|Cato Policy Analysis No. 50||March 5, 1985|
by Paul Heyne
Paul Heyne is lecturer in economics at the University of Washington.
If values could always be clearly distinguished from facts and ends from means, debates over economic policy would be more productive and less rancorous.
The recently published First Draft of the U.S. Bishops' Pastoral Letter on Catholic Social Teaching and the U.S. Economy claims to be concerned primarily with values and ends. The fundamental issue in economic policy, according to the Letter, is the goals we ought to be pursuing and the moral objectives that ought to guide our choices. Throughout the Letter, the language and tone are those of the prophet or preacher, calling people to a reexamination of values, a new and compassionate vision, a lively sense of moral responsibility, a commitment to economic justice, a conversion of heart. Specific policies to implement the moral objectives advocated in the Letter are treated as a secondary issue that can be worked out later through reflection and dialogue. The first and hardest task is to determine the direction in which we ought to move.
Thirty years ago, in an influential essay entitled "The Methodology of Positive Economics," Milton Friedman ventured the judgment that currently in the Western world, and especially in the United States, differences about economic policy among disinterested citizens derive predominantly from different predictions about the economic consequences of taking action--differences that in principle can be eliminated by the progress of positive [i.e., scientific] economics--rather than from fundamental differences in basic values, differences about which men can ultimately only fight.

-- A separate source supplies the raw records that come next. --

-- ===== src/Psi/Transport/Parts.antt =====
-- Packets given to `psi_extractor::ts_packet` in two parts.
use mopa.Base.{
  ◌≡◌, refl, sym, ap, ◌∙◌, [], ◌∷◌, ◌++◌, append_assoc, Outcome, ok, throw, fault, out_of_fuel,
  bind,
}
use mopa.Psi.Extractor.{Memcpy, Extractor, Sections, ts_packet}
use mopa.Psi.Extractor.Rounds.{following, following-nil}
use mopa.Psi.Packetizer.{Packets}
use mopa.Psi.Transport.{receive}

following_more :
    (s m : Sections) (r : Outcome (Sections × Extractor))
    → following s (following m r) ≡ following (s ++ m) r
following_more s m (ok (x, d)) = ap (λ y. ok (y, d)) (sym (append_assoc s m x))
following_more s m (throw e) = refl
following_more s m fault = refl
following_more s m out_of_fuel = refl

-- The packets `qs`, after a call that returned `r`.
unfoldable pub then_receive :
    ⦃m : Memcpy⦄ → Packets → Outcome (Sections × Extractor) → Outcome (Sections × Extractor)
then_receive qs r = bind r λ (first, d). following first (receive qs d)

followed_by :
    ⦃m : Memcpy⦄ (s : Sections) (qs : Packets) (r : Outcome (Sections × Extractor))
    → following s (then_receive qs r) ≡ then_receive qs (following s r)
unfolding then_receive
followed_by s qs (ok (m, d)) = following_more s m (receive qs d)
followed_by s qs (throw e) = refl
followed_by s qs fault = refl
followed_by s qs out_of_fuel = refl

one_first :
    ⦃m : Memcpy⦄ (qs : Packets) (f g : Extractor → Outcome (Sections × Extractor))
    (r : Outcome (Sections × Extractor))
    → ((d : Extractor) → f d ≡ then_receive qs (g d))
    → bind r (λ (s, d). following s (f d)) ≡ then_receive qs (bind r (λ (s, d). following s (g d)))
unfolding then_receive
one_first qs f g (ok (s, d)) h = ap (following s) (h d) ∙ followed_by s qs (g d)
one_first qs f g (throw e) h = refl
one_first qs f g fault h = refl
one_first qs f g out_of_fuel h = refl

pub receive-append :
    ⦃m : Memcpy⦄ (ps qs : Packets) (c : Extractor)
    → receive (ps ++ qs) c ≡ then_receive qs (receive ps c)
unfolding receive then_receive
receive-append [] qs c = sym (following-nil (receive qs c))
receive-append (p ∷ ps) qs c =
    one_first qs (receive (ps ++ qs)) (receive ps) (ts_packet p c) (receive-append ps qs)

In Friedman's view, our hardest task is to agree on the specific policies most likely to promote our common objectives. Agreement on goals is much less of a problem, since we don't really disagree in any fundamental way on our basic values.
If past experience in similar situations is any indication at all, the debate that the bishops have invited in response to their proposals (No. 22)* is going to founder on this issue. Defenders of the Letter will insist that the fundamental question is a moral one; critics will insist that it is the bishops' understanding of economics. The debate will turn rancorous as implications of indifference to suffering and injustice are exchanged for charges of culpable ignorance, each side maintaining that the other is the victim of an obsolete ideology.
This inability to agree on what it is we are disagreeing about reflects the fact that our notions of how economic systems function are bound up with our conceptions of the goals they ought to serve. The bishops urge their objectives in passionate language because they believe that the American economic system is capable of performing in accord with their prescriptions--once the citizens of the United States commit themselves to a biblical (and humane) vision of economic life. This critique will argue that the bishops' moral analysis is misguided because economic systems cannot operate in the way that the bishops suppose they do.